Sample Compatibility & Compliance
The DD5M accommodates a broad range of primary and secondary sample containers through interchangeable horizontal rotors—including 4 × 500 mL elliptical buckets, 148 × 7 mL vacutainer carriers, and optional 2 × 96-well microplate adapters. It is validated for use with common anticoagulant tubes (EDTA-K2/K3, sodium citrate, lithium heparin) and serum separator tubes (SST), maintaining clot retraction kinetics and minimizing hemolysis risk under standardized 10–15 min centrifugation cycles. The system complies with ISO 13485:2016 (medical device quality management), meets essential requirements of the EU Medical Device Regulation (MDR 2017/745) as a Class I non-sterile instrument, and supports audit-ready documentation for CAP, CLIA, and JCI-accredited laboratories. All firmware logs—including run timestamps, rotor serial numbers, speed deviations (>±50 rpm), and error codes—are timestamped and exportable via USB for FDA 21 CFR Part 11–aligned record retention.

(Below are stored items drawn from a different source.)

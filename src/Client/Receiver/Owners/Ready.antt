-- ===== src/Client/Receiver/Owners/Ready.antt =====
-- cpp/client/receiver.cpp: when a packet is taken in without a fault.
use remote_play.Prelude.{
  ℕ, zero, suc, ◌≤◌, ◌≡◌, ◌≢◌, refl, List, [], ◌∷◌, true, false, not, ◌&&◌, ◌||◌, Option, none,
  some, arith, ltb, ◌==◌, Bool-cases, Option-cases, inl, inr, length,
}
use remote_play.Bits.{test_bit}
use remote_play.Common.PacketPool
use remote_play.Common.Protocol.{VideoHeader, FecHeader, max_udp_payload}
use remote_play.Client.Receiver.Fragment.{wants, store_fragment}
use remote_play.Client.Receiver.State.{Receiver, init, slot_of, fec_slot, put_frame}
use remote_play.Client.Receiver.Process.{
  find_frame, add_fragment, begin, process_packet, process_fec, set_group, released, is_group,
  try_recover, recover_frame, then_finish, group_start,
}
use remote_play.Client.Receiver.Counting.{Ensures}
use remote_play.Client.Receiver.Untouched.{
  IsSame, try_recover-IsSame, add_fragment-IsSame, find_frame-IsKept,
}

-- A group that was received has its packet, and `n` packets are left in the pool.
pub record IsReady (n : ℕ) (r : Receiver) : Type 0 where
  pub packets : (i : ℕ) → (r.fec_ring i).fec_received ≡ true → (r.fec_ring i).fec_packet ≢ none
  pub stock : n ≤ length r.fec_pool

-- There is a result, and it meets the predicate.
abbrev pub Gives {ℓ} : (Receiver → Type ℓ) → Option Receiver → Type ℓ
Gives P o = (r : Receiver) × (o ≡ some r) × P r

pub IsReady-same :
    (n : ℕ) (r r' : Receiver)
    → r'.fec_ring ≡ r.fec_ring
    → r'.fec_pool ≡ r.fec_pool
    → IsReady n r
    → IsReady n r'
IsReady-same n r r' ring pool v = record { packets = rw ring v.packets; stock = rw pool v.stock }

pub IsReady-le : (n k : ℕ) (r : Receiver) → n ≤ k → IsReady k r → IsReady n r
IsReady-le n k r h v = record { packets = v.packets; stock = omega (arith, v.stock) }

recover_frame_runs :
    (n : ℕ) (r : Receiver) (p frame_id start : ℕ)
    → IsReady n r
    → recover_frame r p frame_id start ≢ none
unfolding recover_frame
recover_frame_runs n r p frame_id start v =
    let g = r.fec_ring (fec_slot frame_id start) in
    elim (Bool-cases (is_group g frame_id start)) [
      | inr other ↦ rw other (λ e. cc)
      | inl fits ↦ rw fits (elim (Option-cases g.fec_packet) [
        | inl missing ↦ absurd (v.packets (fec_slot frame_id start) (ground (arith, fits)) missing)
        | inr (k, there) ↦ rw (there, recover_frame) (λ e. cc)
      ])
    ]

try_recover_runs :
    (n : ℕ) (r : Receiver) (frame_id start : ℕ) → IsReady n r → try_recover r frame_id start ≢ none
unfolding try_recover
try_recover_runs n r frame_id start v = elim (Option-cases (r.frame_ring (slot_of frame_id))) [
  | inl e ↦ rw (e, try_recover) (λ e. cc)
  | inr (p, e) ↦
      rw (e, try_recover)
        (elim (Bool-cases (not ((r.frames p).frame_id == frame_id) || (r.frames p).is_complete)) [
          | inl skip ↦ rw skip (λ e. cc)
          | inr go ↦ rw go (recover_frame_runs n r p frame_id start v)
        ])
]

then_finish_runs :
    (o : Option Receiver) (p frame_id : ℕ) → o ≢ none → then_finish o p frame_id ≢ none
then_finish_runs none p frame_id h = absurd (h refl)
then_finish_runs (some r) p frame_id h = λ e. cc

add_fragment_runs :
    (n : ℕ) (r : Receiver) (p : ℕ) (h : VideoHeader) (payload : ℕ → ℕ)
    → IsReady n r
    → add_fragment r p h payload ≢ none
unfolding add_fragment
add_fragment_runs n r p h payload v = elim (Bool-cases (wants h (r.frames p))) [
  | inr old ↦ rw old (λ e. cc)
  | inl new ↦ rw new (
      then_finish_runs _ p h.frame_id (
        try_recover_runs n _ h.frame_id (group_start h.fragment_index)
          (IsReady-same n r (put_frame r p (store_fragment h payload (r.frames p))) refl refl v)))
]

-- A result that is there, and is like `r` in what counts here.
IsReady-Gives :
    (n : ℕ) (r : Receiver) (o : Option Receiver)
    → IsReady n r
    → o ≢ none
    → Ensures (IsSame r) o
    → Gives (IsReady n) o
IsReady-Gives n r none v ne s = absurd (ne refl)
IsReady-Gives n r (some r') v ne s = (r', refl, IsReady-same n r r' s.fec_ring s.fec_pool v)

begin-IsReady : (n : ℕ) (r : Receiver) (h : VideoHeader) → IsReady n r → IsReady n (begin r h)
begin-IsReady n r h v = IsReady-same n r (begin r h) (ground arith) (ground arith) v

pub process_packet_runs :
    (n : ℕ) (r : Receiver) (h : VideoHeader) (payload : ℕ → ℕ) (now : ℕ)
    → IsReady n r
    → Gives (IsReady n) (process_packet r h payload now)
unfolding process_packet
process_packet_runs n r h payload now v =
    let r' = begin r h in
    let v' = begin-IsReady n r h v in
    elim (Bool-cases (not r.first_frame_received && not (test_bit 0 h.flags))) [
      | inl early ↦ rw early (r, refl, v)
      | inr begun ↦ rw begun (elim (Bool-cases (ltb h.frame_id r'.next_frame_id_to_read)) [
        | inl late ↦ rw late (r', refl, v')
        | inr due ↦
            rw due
              (elim (Bool-cases (ltb 1024 h.total_fragments || ltb max_udp_payload h.data_size)) [
                | inl large ↦ rw large (r', refl, v')
                | inr fits ↦ rw fits (
                    let (p, found) = find_frame r' h now in
                    let kept = find_frame-IsKept r' h now in
                    let ready = IsReady-same n r' found kept.fec_ring kept.fec_pool v' in
                    IsReady-Gives n found _ ready (add_fragment_runs n found p h payload ready)
                      (add_fragment-IsSame found p h payload))
              ])
      ])
    ]

acquire_runs :
    (n : ℕ) (pool : List ℕ) (given_back : Option ℕ)
    → suc n ≤ length pool
    → let (o, rest) = PacketPool.acquire (PacketPool.release pool given_back) in
      (o ≢ none) × (n ≤ length rest)
unfolding PacketPool.acquire PacketPool.release
acquire_runs n [] g h = absurd (omega arith)
acquire_runs n (k ∷ pool) none h = ((λ e. cc), omega arith)
acquire_runs n (k ∷ pool) (some g) h = ((λ e. cc), omega arith)

set_group-IsReady :
    (n : ℕ) (r : Receiver) (h : FecHeader) (payload : ℕ → ℕ) (k : ℕ)
    → IsReady n r
    → IsReady n (set_group r h payload k)
unfolding set_group
set_group-IsReady n r h payload k v = record {
  packets = λ i e. elim (Bool-cases (i == fec_slot h.frame_id h.fragment_start)) [
    | inl here ↦ rw here (λ e. cc)
    | inr elsewhere ↦ rw elsewhere (v.packets i (rw elsewhere at e))
  ];
  stock = v.stock;
}

pub process_fec_runs :
    (n : ℕ) (r : Receiver) (h : FecHeader) (payload : ℕ → ℕ)
    → h.data_size ≤ 1500
    → IsReady (suc n) r
    → Gives (IsReady n) (process_fec r h payload)
unfolding process_fec
process_fec_runs n r h payload small v =
    let g = r.fec_ring (fec_slot h.frame_id h.fragment_start) in
    let fewer : IsReady n r = record { packets = v.packets; stock = omega (arith, v.stock) } in
    let taken = acquire_runs n r.fec_pool g.fec_packet v.stock in
    elim (Bool-cases (ltb h.frame_id r.next_frame_id_to_read)) [
      | inl late ↦ rw late (r, refl, fewer)
      | inr timely ↦ rw timely (elim (Bool-cases (is_group g h.frame_id h.fragment_start)) [
        | inl known ↦ rw known (r, refl, fewer)
        | inr new ↦ rw new (elim (Option-cases (PacketPool.acquire (released r g).fec_pool).0) [
          | inl dry ↦ absurd (taken.0 dry)
          | inr (k, e) ↦
              let fits : ltb 1500 h.data_size ≡ false = ground arith in
              rw (e, process_fec, fits)
                (let rest = (PacketPool.acquire (released r g).fec_pool).1 in
                  let lent = record r { fec_pool = rest } in
                  let ready =
                    set_group-IsReady n lent h payload k
                      (record { packets = v.packets; stock = taken.1 }) in
                  IsReady-Gives n (set_group lent h payload k) _ ready
                    (try_recover_runs n _ h.frame_id h.fragment_start ready)
                    (try_recover-IsSame _ h.frame_id h.fragment_start))
        ])
      ])
    ]

init-length : (n : ℕ) → length (PacketPool.init n) ≡ n
unfolding PacketPool.init
init-length zero = refl
init-length (suc n) = omega (arith, init-length n)

pub init-IsReady : (n : ℕ) → IsReady 512 (init n)
unfolding init
init-IsReady n = record { packets = λ i e. cc; stock = omega (arith, init-length 512) }
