-- ===== src/Client/Receiver/Owners/Runs.antt =====
-- cpp/client/receiver.hpp: any sequence of calls. A FramePtr is the address of its frame; its deleter,
-- ReturnToPool and ReturnToPoolRaw give the frame back, which only its holder can do.
use remote_play.Prelude.{
  ℕ, zero, suc, ◌+◌, ◌-◌, ◌≤◌, ◌≡◌, refl, List, [], ◌∷◌, Option, none, some, arith, leb,
  if◌then◌else◌, Bool-cases, Option-cases, inl, inr,
}
use remote_play.Common.Protocol.{VideoHeader, FecHeader}
use remote_play.Client.Receiver.State.{Receiver, init, return_to_pool, memb}
use remote_play.Client.Receiver.Process.{process_packet, process_fec}
use remote_play.Client.Receiver.Reading.{
  frame_at, get_next_frame, hand_out, discard_frame, discard_frames, force_advance_to,
}
use remote_play.Client.Receiver.Counting.{Ensures}
use remote_play.Client.Receiver.Owners.{IsOwned}
use remote_play.Client.Receiver.Owners.Calls.{process_packet-IsOwned, process_fec-IsOwned}
use remote_play.Client.Receiver.Owners.Readers.{
  get_next_frame-IsOwned, force_advance_to-IsOwned, give_back-IsOwned, init-IsOwned, remove,
}
use remote_play.Client.Receiver.Owners.Ready.{
  IsReady, Gives, IsReady-same, IsReady-le, process_packet_runs, process_fec_runs, init-IsReady,
}

pub data Call : Type 0 where
  packet : VideoHeader → (ℕ → ℕ) → ℕ → Call  -- ProcessPacket, with the time
  parity : FecHeader → (ℕ → ℕ) → Call  -- ProcessFEC
  read : Call  -- GetNextFrame
  skip_to : ℕ → Call  -- ForceAdvanceTo
  give_back : ℕ → Call

-- The receiver, and the frames that its caller has.
pub record Reader : Type 0 where
  pub receiver : Receiver
  pub held : List ℕ

abbrev pub start : ℕ → Reader
start pool_size = record { receiver = init pool_size; held = [] }

abbrev put_receiver : Reader → Option Receiver → Option Reader
put_receiver s none = none
put_receiver s (some r) = some (record s { receiver = r })

abbrev keep : Option ℕ → List ℕ → List ℕ
keep none held = held
keep (some p) held = p ∷ held

unfoldable pub make : Call → Reader → Option Reader
make (packet h payload now) s = put_receiver s (process_packet s.receiver h payload now)
make (parity h payload) s = put_receiver s (process_fec s.receiver h payload)
make read s =
    let (o, r) = get_next_frame s.receiver in some (record { receiver = r; held = keep o s.held })
make (skip_to frame_id) s = some (record s { receiver = force_advance_to s.receiver frame_id })
make (give_back p) s =
    if memb p s.held
    then some (record { receiver = return_to_pool s.receiver p; held = remove p s.held })
    else some s

infixl 5 ◌>>=◌
abbrev ◌>>=◌ : Option Reader → (Reader → Option Reader) → Option Reader
none >>= go = none
some s >>= go = go s

unfoldable pub make_all : List Call → Reader → Option Reader
make_all [] s = some s
make_all (c ∷ cs) s = make c s >>= make_all cs

-- How many packets of the pool for parities a call may take.
abbrev pub parities : Call → ℕ
parities (parity h payload) = 1
parities _ = 0

abbrev pub count_parities : List Call → ℕ
count_parities [] = 0
count_parities (c ∷ cs) = parities c + count_parities cs

abbrev pub IsSmall : Call → Type 0
IsSmall (parity h payload) = h.data_size ≤ 1500
IsSmall _ = Unit

abbrev pub AllSmall : List Call → Type 0
AllSmall [] = Unit
AllSmall (c ∷ cs) = IsSmall c × AllSmall cs

record IsFine (n : ℕ) (s : Reader) : Type 0 where
  owned : IsOwned s.held s.receiver
  ready : IsReady n s.receiver

abbrev GivesFine : ℕ → Option Reader → Type 0
GivesFine n o = (s : Reader) × (o ≡ some s) × IsFine n s

get_next_frame-IsReady : (n : ℕ) (r : Receiver) → IsReady n r → IsReady n (get_next_frame r).1
unfolding get_next_frame hand_out
get_next_frame-IsReady n r v = elim (Option-cases (frame_at r r.next_frame_id_to_read)) [
  | inl e ↦ rw (e, get_next_frame) v
  | inr (p, e) ↦
      rw (e, get_next_frame)
        (elim (Bool-cases (r.frames p).is_complete) [
          | inr partly ↦ rw partly v
          | inl fully ↦ rw fully (IsReady-same n r _ refl refl v)
        ])
]

return_to_pool-IsReady :
    (n : ℕ) (r : Receiver) (p : ℕ) → IsReady n r → IsReady n (return_to_pool r p)
unfolding return_to_pool
return_to_pool-IsReady n r p v = elim (Bool-cases (memb p r.frame_pool)) [
  | inl there ↦ rw there v
  | inr gone ↦ rw gone (IsReady-same n r _ refl refl v)
]

discard_frames-IsReady :
    (n : ℕ) (r : Receiver) (fid rounds : ℕ) → IsReady n r → IsReady n (discard_frames r fid rounds)
unfolding discard_frames discard_frame
discard_frames-IsReady n r fid zero v = v
discard_frames-IsReady n r fid (suc rounds) v =
    discard_frames-IsReady n (discard_frame r fid) (fid + 1) rounds
      (elim (Option-cases (frame_at r fid)) [
        | inl e ↦ rw (e, discard_frame) v
        | inr (p, e) ↦
            rw (e, discard_frame)
              (IsReady-same n (return_to_pool r p) _ refl refl (return_to_pool-IsReady n r p v))
      ])

force_advance_to-IsReady :
    (n : ℕ) (r : Receiver) (frame_id : ℕ) → IsReady n r → IsReady n (force_advance_to r frame_id)
unfolding force_advance_to
force_advance_to-IsReady n r frame_id v = elim (Bool-cases (leb frame_id r.next_frame_id_to_read)) [
  | inl back ↦ rw back v
  | inr ahead ↦ rw ahead (
      IsReady-same n _ _ refl refl
        (discard_frames-IsReady n r r.next_frame_id_to_read (frame_id - r.next_frame_id_to_read) v))
]

put_receiver-IsFine :
    (n : ℕ) (s : Reader) (o : Option Receiver)
    → Ensures (IsOwned s.held) o
    → Gives (IsReady n) o
    → GivesFine n (put_receiver s o)
put_receiver-IsFine n s none own (r, e, v) = cc
put_receiver-IsFine n s (some r) own (r', e, v) =
    let same : IsReady n r = IsReady-same n r' r (cc) (cc) v in
    (record s { receiver = r }, refl, record { owned = own; ready = same })

make-IsFine :
    (n : ℕ) (c : Call) (s : Reader) → IsSmall c → IsFine (parities c + n) s → GivesFine n (make c s)
unfolding make
make-IsFine n (packet h payload now) s small v =
    put_receiver-IsFine n s _ (process_packet-IsOwned s.held s.receiver h payload now v.owned)
      (process_packet_runs n s.receiver h payload now (IsReady-le n _ _ (omega arith) v.ready))
make-IsFine n (parity h payload) s small v =
    put_receiver-IsFine n s _ (process_fec-IsOwned s.held s.receiver h payload v.owned)
      (process_fec_runs n s.receiver h payload small (IsReady-le (suc n) _ _ (omega arith) v.ready))
make-IsFine n read s small v =
    let ready = get_next_frame-IsReady n s.receiver (IsReady-le n _ _ (omega arith) v.ready) in
    (
      _,
      refl,
      record {
        owned = elim (get_next_frame-IsOwned s.held s.receiver v.owned) [
          | inl (e, own) ↦ rw e own
          | inr (p, e, own) ↦ rw e own
        ];
        ready = ready;
      },
    )
make-IsFine n (skip_to frame_id) s small v = (
  _,
  refl,
  record {
    owned = force_advance_to-IsOwned s.held s.receiver frame_id v.owned;
    ready = force_advance_to-IsReady n s.receiver frame_id (IsReady-le n _ _ (omega arith) v.ready);
  },
)
make-IsFine n (give_back p) s small v =
    let ready = IsReady-le n _ s.receiver (omega arith) v.ready in
    elim (Bool-cases (memb p s.held)) [
      | inr other ↦ rw other (s, refl, record { owned = v.owned; ready = ready })
      | inl holds ↦ rw holds (
        _,
        refl,
        record {
          owned = give_back-IsOwned s.held s.receiver p holds v.owned;
          ready = return_to_pool-IsReady n s.receiver p ready;
        },
      )
    ]

make_all-IsFine :
    (cs : List Call) (s : Reader)
    → AllSmall cs
    → IsFine (count_parities cs) s
    → GivesFine 0 (make_all cs s)
unfolding make_all
make_all-IsFine [] s small v = (s, refl, v)
make_all-IsFine (c ∷ cs) s (first, rest) v =
    let (s', e, v') = make-IsFine (count_parities cs) c s first v in
    rw e (make_all-IsFine cs s' rest v')

-- From the constructor on, any sequence of calls with at most 512 parities, of at most 1500 bytes
-- each, runs without a fault; then every frame that was allocated is in one place, which is the pool, a
-- slot of the ring or the hands of the caller, and nothing else is in any of them.
pub make_all-IsOwned :
    (pool_size : ℕ) (cs : List Call)
    → AllSmall cs
    → count_parities cs ≤ 512
    → (s : Reader) × (make_all cs (start pool_size) ≡ some s) × IsOwned s.held s.receiver
make_all-IsOwned pool_size cs small few =
    let ready = IsReady-le (count_parities cs) 512 _ few (init-IsReady pool_size) in
    let (s, e, v) =
      make_all-IsFine cs (start pool_size) small
        (record { owned = init-IsOwned pool_size; ready = ready }) in
    (s, e, v.owned)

Software & Data Management
While the DD5M operates autonomously via its embedded control system, optional PC connectivity (RS-232 or USB-to-serial) enables integration with LIMS platforms via ASCII command protocol. Run logs—including date/time, rotor ID, set vs. actual speed, elapsed time, and fault flags—are stored in non-volatile memory for ≥10,000 cycles and can be exported in CSV format. Firmware supports configurable audit trail settings: operator login (optional PIN), parameter change logging with pre/post values, and automatic session termination after 15 minutes of inactivity. For regulated environments, optional validation packages include IQ/OQ documentation templates aligned with GAMP 5 principles and traceable calibration certificates for speed and timer accuracy (NIST-traceable reference standards).
Applications
The DD5M serves as a mission-critical workflow accelerator in clinical pathology labs performing high-volume serum/plasma isolation prior to ELISA, chemiluminescence immunoassay (CLIA), or automated analyzer input. Its cap-removal function eliminates manual handling steps that introduce variability in tube labeling, aerosol generation, and biohazard exposure—directly supporting OSHA Bloodborne Pathogens Standard (29 CFR 1910.1030) compliance. In blood banking, it streamlines component separation (RBCs, platelets, fresh frozen plasma) from whole blood units while preserving viability markers. Nuclear medicine departments utilize it for rapid preparation of radiolabeled tracer samples requiring minimal processing time between synthesis and administration. Additionally, it supports research applications in clinical proteomics, where consistent, low-shear pelleting of extracellular vesicles or circulating nucleic acids is required prior to downstream extraction.
FAQ
Does the DD5M support refrigerated operation?
No—the DD5M is a non-refrigerated low-speed centrifuge optimized for ambient-temperature clinical separations. For temperature-sensitive applications, consider the TL5R or TL6R series of low-speed refrigerated centrifuges.
Can the cap-removal mechanism handle tubes with rubber stoppers or push-top closures?
The system is calibrated exclusively for standard vacuum blood collection tubes with crimp-sealed metal caps (e.g., BD Vacutainer®, Greiner Bio-One). Push-top or non-standard closures are not supported and may cause mechanical jamming.
Is rotor imbalance compensation fully automatic?
Yes—the integrated dynamic balancing algorithm detects and compensates for load asymmetry in real time, allowing safe operation at full speed even with three of four 500 mL buckets loaded.
What maintenance intervals are recommended?
Annual inspection of pneumatic actuators, door lock sensors, and rotor seating surfaces is advised. Brushless motor requires no scheduled maintenance; centrifuge chamber cleaning with 70% ethanol is recommended after each shift in high-biohazard environments.